Alterations in FGFR1-4 genes have oncogenic capability with sensitivity to kinase inhibition in several solid tumours and hematological malignancies. FGFR alterations occur in approximately 2% of non-small cell lung cancer (NSCLC) patients (pts), predominantly with squamous cell histology (sqNSCLC). We present results of a study evaluating the efficacy of the selective FGFR1-4 inhibitor erdafitinib in pts with FGFR-altered NSCLC. NSCLC pts were screened within the national Network of Genomic Medicine for FGFR mutations/translocations. Molecular eligibility was based on available preclinical and clinical data to FGFR alterations and assessed by a study specific molecular board.

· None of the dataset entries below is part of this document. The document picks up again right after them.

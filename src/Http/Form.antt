-- ===== src/Http/Form.antt =====
-- `url.Values` as the program uses it (probe/http.go, probe/clientauth.go, probe/exchange.go): a
-- map from names to lists of values. `Encode` orders by name and escapes, and is a parameter of
-- the code that posts a form.
pub mod Laws
use aoa_conformance.Prelude.{String, List, [], ◌∷◌, ◌++◌, ◌==◌, if◌then◌else◌}

pub record FormField : Type 0 where
  pub name : String
  pub values : List String

abbrev pub Form : Type 0
Form = List FormField

-- All values of a name.
unfoldable pub values_of : String → Form → List String
values_of k [] = []
values_of k (f ∷ fs) = if f.name == k then f.values else values_of k fs

abbrev first_value : List String → String
first_value [] = ""
first_value (v ∷ vs) = v

-- `Values.Get`
unfoldable pub get_value : String → Form → String
unfolding values_of
get_value k f = first_value (values_of k f)

-- `Values.Set`
unfoldable pub set_value : String → String → Form → Form
set_value k v [] = record { name = k; values = v ∷ [] } ∷ []
set_value k v (f ∷ fs) =
    if f.name == k then record f { values = v ∷ [] } ∷ fs else f ∷ set_value k v fs

-- `Values.Add`
unfoldable pub add_value : String → String → Form → Form
add_value k v [] = record { name = k; values = v ∷ [] } ∷ []
add_value k v (f ∷ fs) =
    if f.name == k then record f { values = f.values ++ v ∷ [] } ∷ fs else f ∷ add_value k v fs

-- `FormString`, on the pairs that its arguments make.
unfoldable pub form_string : List (String × String) → Form → Form
unfolding set_value
form_string [] form = form
form_string ((k, v) ∷ rest) form = form_string rest (set_value k v form)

Pts were treated with erdafitinib in 3 cohorts: High confidence activating FGFR translocations (1), high confidence activating FGFR mutations (2) and low confidence activating FGFR alterations (3). The primary objective was the best confirmed overall response (OR) on erdafitinib in the cohorts 1 and 2 assessed by RECIST 1.1 every 8 weeks. Pts were treated until disease progression or unacceptable toxicity. Tumor samples and blood were collected before treatment and at disease progression. Sample size calculation was based on Simon’s two-stage minimax design. Evidence of efficacy was defined as 1/8 OR in the first and 4/15 ORs in the second stage for cohort 1 and 2 separately. Between 7/2019 and 9/2022, 26 pts were enrolled, 4 pts failed screening. The majority of pts were male (77%) and had sqNSCLC (73%). All pts were current or previous smokers. Of 22 pts on erdafitinib, 7 were in the cohort 1, 8 in the cohort 2 and 7 pts in the cohort 3. FGFR3-TACC3 fusions were the most frequent genetic alterations. In the cohort 1, two pts achieved partial response (PR). However, one PR remained unconfirmed (uPR). The best response in the cohort 2 was stable disease. The most observed adverse events of any grade were hyperphosphatemia in 50% and diarrhea in 45% of pts. According to the first stage results of the two-stage Simon’s design, erdafitinib showed preliminary efficacy in NSCLC with FGFR translocations. Further molecular, pharmacological and clinical data are needed to evaluate the efficacy of FGFR inhibition in NSCLC, especially in pts with FGFR mutations.